# How's this heat wave treating your lawn?



## grassland (Mar 7, 2019)

Every yard in the neighborhood either has extreme heat stress or has large sections of grass that are completely dying out. We are in the tampa bay area and things are pretty rough. Temps have been in the upper 90's and dry. I've gotten down a few extra waterings on my lawn and my mine is hanging in there. I was wondering how others are doing.


----------



## Movingshrub (Jun 12, 2017)

My Tiftuf is doing great. Zero irrigation. We haven't received rain in two weeks and over 90F pretty much the entire time.


----------



## erdons (Apr 3, 2018)

It hasn't been higher than 79 In so cal all year, waiting For some heat so my grass takes off, I'm jealous!


----------



## UFG8RMIKE (Apr 21, 2019)

We are also in TB area (Pasco) Had to add a 3rd day of watering till we get some rain. Nothing on the horizon for the next 1.5-2 weeks


----------



## BlakeG (Jul 17, 2018)

Drier than cracker juice around here


----------



## hefegrass (Mar 20, 2019)

everyone in my neighborhood has TTTF...and all their lawns look really bad, even the people with irrigation cant keep the TTTF from turning brown. my zoysia is doing pretty good overall, the heat is taking its toll and i have a couple spots that i have to baby but overall its doing ok, my irrigation is working overtime though.


----------



## TN Hawkeye (May 7, 2018)

hefegrass said:


> everyone in my neighborhood has TTTF...and all their lawns look really bad, even the people with irrigation cant keep the TTTF from turning brown. my zoysia is doing pretty good overall, the heat is taking its toll and i have a couple spots that i have to baby but overall its doing ok, my irrigation is working overtime though.

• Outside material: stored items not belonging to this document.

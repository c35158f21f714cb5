-- ===== src/Pipeline/Clearance.antt =====
-- Which tool calls are executed: the gates of prepareToolExecution of internal/engine/runtime.go.
use ergo_agent.Prelude.{String, Bool, true, false, ◌≡◌, Option, none, some, List, contains, arith}
use ergo_agent.Json.{Fields}
use ergo_agent.Message.{ToolCall}
use ergo_agent.Registry.{ToolDefinition, find_tool}
use ergo_agent.Pipeline.{
  Waiting, World, ready, Decision, refused, blocked, allowed, Input, not_an_object, input,
  Validated, invalid, valid, marshalled, is_approved, pass_gates, after_marshal, after_hooks,
  after_input, after_validation, after_find, run_before, prepare_tool_execution,
}

module _ {R : Type 0} (w : World R) where
  -- What is known of a call that a tool will execute.
  pub record IsCleared (aborted : Bool) (call : ToolCall) : Type 0 where
    pub running : aborted ≡ false
    pub not_denied : contains w.policy.denied_hashes (w.hash call.name call.arguments) ≡ false
    pub approved : w.needs_approval call ≡ true → is_approved w call ≡ true

  pass_gates-IsCleared :
      (aborted : Bool) (tool t : ToolDefinition R) (call c : ToolCall) (s s' : Waiting)
      → pass_gates w aborted tool call s ≡ (ready c t, s')
      → (t ≡ tool) × (s' ≡ s) × IsCleared aborted c
  unfolding pass_gates
  pass_gates-IsCleared aborted tool t call c s s' h = ground arith

  after_marshal-IsCleared :
      (o : Option String) (fields : Option Fields) (aborted : Bool) (tool t : ToolDefinition R)
      (call c : ToolCall) (s s' : Waiting)
      → after_marshal w o fields aborted tool call s ≡ (ready c t, s')
      → (t ≡ tool) × (s' ≡ s) × IsCleared aborted c
  unfolding after_marshal
  after_marshal-IsCleared (some err) fields aborted tool t call c s s' h = cc
  after_marshal-IsCleared none fields aborted tool t call c s s' h =
      pass_gates-IsCleared aborted tool t (record call { arguments = some (marshalled fields) }) c s
        s' h

  after_hooks-IsCleared :
      (d : Decision) (aborted : Bool) (tool t : ToolDefinition R) (call c : ToolCall)
      (s s' : Waiting)
      → after_hooks w d aborted tool call s ≡ (ready c t, s')
      → (t ≡ tool) × (s' ≡ s) × IsCleared aborted c
  unfolding after_hooks
  after_hooks-IsCleared (refused err) aborted tool t call c s s' h = cc
  after_hooks-IsCleared (blocked reason) aborted tool t call c s s' h = cc
  after_hooks-IsCleared (allowed fields) aborted tool t call c s s' h =
      after_marshal-IsCleared (w.marshal_error fields) fields aborted tool t call c s s' h

  after_input-IsCleared :
      (i : Input) (aborted : Bool) (tool t : ToolDefinition R) (call c : ToolCall) (s s' : Waiting)
      → after_input w i aborted tool call s ≡ (ready c t, s')
      → (t ≡ tool) × (s' ≡ s) × IsCleared aborted c
  unfolding after_input
  after_input-IsCleared (not_an_object err) aborted tool t call c s s' h = cc
  after_input-IsCleared (input fields) aborted tool t call c s s' h =
      after_hooks-IsCleared (run_before w w.before call fields) aborted tool t call c s s' h

  after_validation-IsCleared :
      (v : Validated) (aborted : Bool) (tool t : ToolDefinition R) (call c : ToolCall)
      (s s' : Waiting)
      → after_validation w v aborted tool call s ≡ (ready c t, s')
      → (t ≡ tool) × (s' ≡ s) × IsCleared aborted c
  unfolding after_validation
  after_validation-IsCleared (invalid err) aborted tool t call c s s' h = cc
  after_validation-IsCleared (valid prepared) aborted tool t call c s s' h =
      after_input-IsCleared (w.unmarshal prepared.arguments) aborted tool t prepared c s s' h

  after_find-IsCleared :
      (found : Option (ToolDefinition R)) (aborted : Bool) (t : ToolDefinition R)
      (call c : ToolCall) (s s' : Waiting)
      → after_find w found aborted call s ≡ (ready c t, s')
      → (found ≡ some t) × (s' ≡ s) × IsCleared aborted c
  unfolding after_find
  after_find-IsCleared none aborted t call c s s' h = cc
  after_find-IsCleared (some tool) aborted t call c s s' h =
      let (e, u, r) =
        after_validation-IsCleared (w.validate_call tool call) aborted tool t call c s s' h in
      (cc e, u, r)

  -- When prepareToolExecution hands a call on to be executed, the tool is the one that findTool
  -- finds under the name of the call; the context was not done, the call that will run is not among
  -- the denied ones, and if it requires an approval its id or its hash is approved; nothing new is
  -- waited for.
  pub prepare_tool_execution-IsCleared :
      (tools : List (ToolDefinition R)) (aborted : Bool) (t : ToolDefinition R) (call c : ToolCall)
      (s s' : Waiting)
      → prepare_tool_execution w tools aborted call s ≡ (ready c t, s')
      → (find_tool tools call.name ≡ some t) × (s' ≡ s) × IsCleared aborted c
  unfolding prepare_tool_execution
  prepare_tool_execution-IsCleared tools aborted t call c s s' h =
      after_find-IsCleared (find_tool tools call.name) aborted t call c s s' h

Same with the neighbors TTTF lawns here. All are dry and browning. My common Bermuda is doing fairly well. I put down about 3/4" of water Sunday. Took 10 hours of moving hoses and sprinklers but I got it done. Seed heads are starting to pop up.


----------



## Cory (Aug 23, 2017)

I have got several dry spots but overall doing pretty well. Like others have said, any fescue in the area here is completely scorched already.


----------



## LawnDrummer (Jan 16, 2019)

On the Georgia coast here with heat in the upper 90's and no rain since May 12th. Centipede hanging in there. I did notice a few dry spots over Memorial Day weekend and found out it was just a sprinkler head needing some adjustment.


----------



## Keepin It Reel (Feb 20, 2019)

It's been brutal here in SC. I'm going to add one additional day of manual irrigation. I have several spots that are struggling.


----------



## tcorbitt20 (Aug 31, 2018)

My Bermuda loves the heat. I had to go five days between mowes over the weekend, and I ended up with a lot of scalping. I have run the irrigation a few times in the last few weeks, too.


----------



## LawnRat (Mar 22, 2019)

I'm 75mi south of Tampa Bay. It's been 95+ degrees and no rain in weeks. To make matters worse our 4 month fertilizer ban starts Saturday, so I have to put down fert tomorrow (my last legal irrigation day before the ban). Everything is heat stressed so I'm doing a pre-fert watering today.

How are you Florida guys handling the fert ban?


----------



## cglarsen (Dec 28, 2018)

@Movingshrub Beautiful - who says you can't grow bermuda in the shade?


----------



## fp_911 (Apr 10, 2017)

Mine looks bad. I was out of town last week so it received no water.

So between dry patches and seed heads it looks awful. I started watering two days ago, let's see if that helps. But for now I've just got an average lawn.


----------



## Jordan90 (Apr 7, 2019)

tcorbitt20 said:


> My Bermuda loves the heat. I had to go five days between mowes over the weekend, and I ended up with a lot of scalping. I have run the irrigation a few times in the last few weeks, too.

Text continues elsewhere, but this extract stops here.